Transforaminal Lumber Interbody Fusion (TLIF)
The spine is controlled and stabilized by three systems working together to enable and limit movement of the spine. The first system, known as the passive system, includes the vertebrae, facet joints, and ligaments, and stabilizes bending and twisting movements. The active system, composed of muscles and tendons, ensures stability when the movement is neutral and does not include bending or twisting. The last system involved is the neural system, or the nerves that control muscles in the spine. If any of these delicate systems are not functioning correctly, the other systems attempt to compensate to keep the spine stable, an imbalance that can lead to stress and injury.
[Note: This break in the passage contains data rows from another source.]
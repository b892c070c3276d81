-- ===== src/Samples.antt =====
-- Small clusters, member lists and chains, on which the theorems of the other modules are applied.
pub mod Clusters
mod Members
pub mod Nodes
pub mod Chains
pub mod Starts
mod Requests
mod Links
mod Writers
mod Answers
pub mod Drains
mod Gossip
pub mod Seekers
mod Peers
mod Turns
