-- ===== src/Samples/Clusters.antt =====
-- A node with the key 1 that knows two others, and what it may hear of them.
use artillery.Base.{ℕ, refl, List, [], ◌∷◌, Option, none, some, perm-refl}
use artillery.Member.{
  ArtilleryMember, ArtilleryMemberState, ArtilleryStateChange, alive, suspect, down,
}
use artillery.Membership.{ArtilleryMemberList, Platform}
use artillery.Membership.WellFormed.{IsWellFormed, IsPlatform}

abbrev pub member_of : ℕ → Option ℕ → ℕ → ArtilleryMemberState → ArtilleryMember
member_of key host incarnation state = record {
  host_key = key;
  remote_host = host;
  incarnation_number = incarnation;
  member_state = state;
  last_state_change = 0;
}

abbrev pub me : ArtilleryMember
me = member_of 1 none 4 alive

abbrev pub second : ArtilleryMember
second = member_of 2 (some 20) 0 alive

abbrev pub third : ArtilleryMember
third = member_of 3 (some 30) 7 suspect

abbrev pub cluster : ArtilleryMemberList
cluster = record { members = second ∷ me ∷ third ∷ []; periodic_index = 0 }

pub cluster-IsWellFormed : IsWellFormed 1 cluster.members
cluster-IsWellFormed = record { agree = (refl, (refl, (refl, tt))); present = refl }

-- A platform that leaves every order as it is.
abbrev pub in_order : Platform
in_order = record { shuffle_members = λ ms. ms; shuffle_hosts = λ hs. hs; hash_order = λ ms. ms }

pub in_order-IsPlatform : IsPlatform in_order
in_order-IsPlatform = record {
  members_perm = λ ms. perm-refl ms;
  hosts_perm = λ hs. perm-refl hs;
  hash_perm = λ ms. perm-refl ms;
}

abbrev pub report : ArtilleryMember → ArtilleryStateChange
report m = record { member = m }

-- An accusation of the node itself, news of the second node, and of one not yet known.
abbrev pub accusation : ArtilleryStateChange
accusation = report (member_of 1 (some 10) 4 suspect)

abbrev pub news : List ArtilleryStateChange
news = accusation ∷ report (member_of 2 none 0 down) ∷ report (member_of 4 none 0 alive) ∷ []
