-- ===== src/Samples/Nodes.antt =====
-- The theorems on the epidemic protocol, on a node of the cluster of three.
use artillery.Base.{
  Option, ◌+◌, ◌++◌, ℕ, map, ◌≡◌, refl, true, List, [], ◌∷◌, some, none, ◌<◌, take, arith,
}
use artillery.Member.{ArtilleryStateChange}
use artillery.Epidemic.{
  ArtilleryEpidemic, ArtilleryMessage, TargetedRequest, Env, heartbeat, ack, new, default_config,
}
use artillery.Epidemic.Messages.{enqueue_state_change, update_change, message}
use artillery.Epidemic.Handlers.{prune_timed_out_responses, process_request}
use artillery.Epidemic.Inbound.{respond_to_message}
use artillery.Epidemic.Sending.{Fits, process_request_overflow}
use artillery.Epidemic.Safety.{GoesThrough, IsSupportive, respond_to_message_through}
use artillery.Epidemic.Queue.{change, enqueue_state_change-drops}
use artillery.Epidemic.Pruning.{prune-overdue}
use artillery.Samples.Clusters.{
  me, second, third, cluster, cluster-IsWellFormed, in_order, in_order-IsPlatform, news,
}

-- Every change takes so many bytes.
abbrev pub env_of : ℕ → Env
env_of change_len = record {
  platform = in_order;
  now = 5;
  add_date = λ d n. some (d + n);
  listening = true;
  encoded_len = λ m. elim m.state_changes [ [] ↦ 100 | c ∷ cs ↦ change_len ];
  send_ok = λ a m. true;
}

pub env_of-IsSupportive : (change_len : ℕ) → IsSupportive (env_of change_len)
env_of-IsSupportive change_len = record {
  platform = in_order-IsPlatform;
  heard = refl;
  adds = λ d. refl;
}

abbrev pub node : ArtilleryEpidemic
node = record (new 0 1 default_config) { members = cluster; state_changes = news }

abbrev pub greeting : TargetedRequest
greeting = record { request = heartbeat; target = 20 }

abbrev pub hello : ArtilleryMessage
hello = message 2 default_config.cluster_key ack news

process_request_overflow_example : process_request (env_of 70000) greeting node ≡ none
process_request_overflow_example =
    process_request_overflow (env_of 70000) greeting node (omega arith)

short_enough :
    (cs : List ArtilleryStateChange)
    → (env_of 300).encoded_len (message 1 default_config.cluster_key heartbeat cs) < 65536
short_enough [] = omega arith
short_enough (c ∷ cs) = omega arith

news_fit : Fits (env_of 300) greeting node
news_fit i = short_enough (take i news)

respond_to_message_through_example : GoesThrough 1 (respond_to_message (env_of 300) 20 hello node)
respond_to_message_through_example =
    respond_to_message_through 1 (env_of 300) 20 hello node (env_of-IsSupportive 300) (omega arith)
      tt cluster-IsWellFormed

enqueue_state_change-drops_example :
    enqueue_state_change news ((third ∷ []) ++ second ∷ me ∷ [])
    ≡ update_change second (news ++ map change (third ∷ []))
enqueue_state_change-drops_example =
    enqueue_state_change-drops news (third ∷ []) (me ∷ []) second (refl, tt) refl

-- The node waits for an answer until the time stamp given.
abbrev waiting_until : ℕ → ArtilleryEpidemic
waiting_until deadline = record node {
  pending_responses = record { deadline = deadline; host = 20; state_changes = [] } ∷ [];
}

prune-overdue_example :
    prune_timed_out_responses (env_of 300) (waiting_until 3) ≡ some (waiting_until 3)
prune-overdue_example = prune-overdue (env_of 300) (waiting_until 3) (omega arith, tt)

-- An empty datagram is no message.
abbrev decode_some : List ℕ → Option ArtilleryMessage
decode_some [] = none
decode_some (b ∷ bytes) = some hello
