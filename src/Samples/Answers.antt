-- ===== src/Samples/Answers.antt =====
-- The answers that a node waits for, on a node of the cluster of three.
use artillery.Base.{ℕ, ◌+◌, ◌≡◌, refl, not, [], ◌∷◌, some, arith, retain, get_elem?, ◌==◌}
use artillery.Member.{suspect, set_state}
use artillery.Membership.Timeouts.{All-IsDatable}
use artillery.Epidemic.{ArtilleryEpidemic, Pending}
use artillery.Epidemic.Messages.{ack_response}
use artillery.Epidemic.Handlers.{prune_timed_out_responses}
use artillery.Epidemic.Acks.{is_carried, ack_response_lem}
use artillery.Epidemic.Hasty.{prune-hasty}
use artillery.Samples.Clusters.{me, second, third, news, cluster, cluster-IsWellFormed}
use artillery.Samples.Nodes.{env_of, node}

abbrev entry : ℕ → ℕ → Pending
entry deadline host = record { deadline = deadline; host = host; state_changes = news }

abbrev expecting : ArtilleryEpidemic
expecting = record node { pending_responses = entry 3 30 ∷ entry 9 20 ∷ [] }

ack_response_lem_example : ack_response 20 expecting ≡ record expecting {
  pending_responses = retain (λ p. not (p.host == 20)) expecting.pending_responses;
  state_changes =
      retain (λ c. not (is_carried 20 expecting.pending_responses c)) expecting.state_changes;
}
ack_response_lem_example = ack_response_lem 20 expecting

prune-hasty_example :
    (s' : ArtilleryEpidemic) × (prune_timed_out_responses (env_of 300) expecting ≡ some s')
    × (get_elem? s'.members.members 0 ≡ some (set_state 5 suspect second))
prune-hasty_example =
    prune-hasty 1 (env_of 300) expecting (entry 3 30 ∷ []) [] (entry 9 20) [] (me ∷ third ∷ [])
      second cluster-IsWellFormed refl
      (All-IsDatable (λ d n. some (d + n)) cluster.members (λ d. refl)) refl (omega arith) refl refl
      refl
Abnormal spinal movement can cause pain, specifically when nerves in the impacted area are pinched or irritated. Patients with spinal instability often experience back spasms. These muscle spasms are the compensation of the muscles attempting to prevent the spine from moving too much.
Spinal fusion surgery is performed to stabilize an area of the spine that is moving in an abnormal way. Through the surgical fusion process, spinal vertebra and discs are connected with a bone graft. The bone graft fuses the vertebra above and below the unstable area, forming one bone and eliminating movement. Transforaminal Lumbar Interbody Fusion (TLIF) is one technique utilized by surgeons to reduce pain from motion and nerve root inflammation. TLIF may be recommended for patients suffering from a variety of spinal conditions.
Conditions Treated by TLIF
Spondylolisthesis: This condition occurs when one vertebra slips forward on the adjacent vertebrae. The condition may be congenital (hereditary), or the result of physical stresses on the spine or spinal degeneration. It may produce both a gradual deformity of the lower spine and also a narrowing of the vertebral canal, and can cause back pain, leg pain and other symptoms.
Degenerative Disc Disease: Degenerative disc disease is part of the natural process of growing older. As we age, our intervertebral discs lose their flexibility, elasticity, and shock absorbing characteristics. The outer fibers that surround the disc, called the annulus fibrosis, become brittle and are more easily torn. At the same time, the soft gel-like center of the disc, called the nucleus pulposus, starts to dry out and shrink. The combination of damage to the intervertebral discs, the development of bone spurs, and the gradual thickening of the ligaments that support the spine can all contribute to degenerative arthritis of the lumbar spine.
Recurrent Disc Herniation: Herniation describes an abnormality of the intervertebral disc that is also known as a “slipped,” “ruptured” or “bulging” disc. This process occurs when the inner core (nucleus pulposus) of the intervertebral disc bulges out through the outer layer of ligaments that surround the disc (annulus fibrosis). This tear in the annulus fibrosis causes pain in the back at the point of herniation. If the protruding disc presses on a spinal nerve, the pain may spread to the area of the body that is served by that nerve.
Transforaminal Lumber Interbody Fusion Surgery
In TLIF, the surgeon begins by making an incision in the back. This gives access to the disc space that is impacted by one of the conditions discussed above. The next step of the surgery involves applying instrumentation, including pedicle screws, into the vertebra. Once there is open access to the affected area, the surgeon removes bone spurs and other overgrown areas to provide more space for the spinal nerves. The disc that is degenerated or herniated is also removed. A spacer, called a fusion cage, is inserted into the disc space, giving the area the same height that was previously occupied by the disc. The spacer provides support to the spine and expedites the bone fusion process.
When the spacer is correctly positioned, bone graft material is placed in the space and along the side and back of the fusing vertebra. The bone graft is generally taken from the patient’s pelvis, but can also be composed of synthetic materials, preventing the need for taking it from the patient. When the bone graft is placed in the spacer area, it begins the process of fusing the vertebra above and below, forming one bone. Additional bone is placed on the sides of the vertebra. After the screws are attached to rods or plates and the graft is secured, the wound is closed.
According to Spine-health, studies indicate that the patient’s pain is improved 60% to 70% after TLIF spinal fusion surgery and approximately 80% of patients undergoing TLIF spinal fusion surgery are satisfied with the surgical result. As with any surgery, however, there are issues about which you will want to speak to your spine surgeon.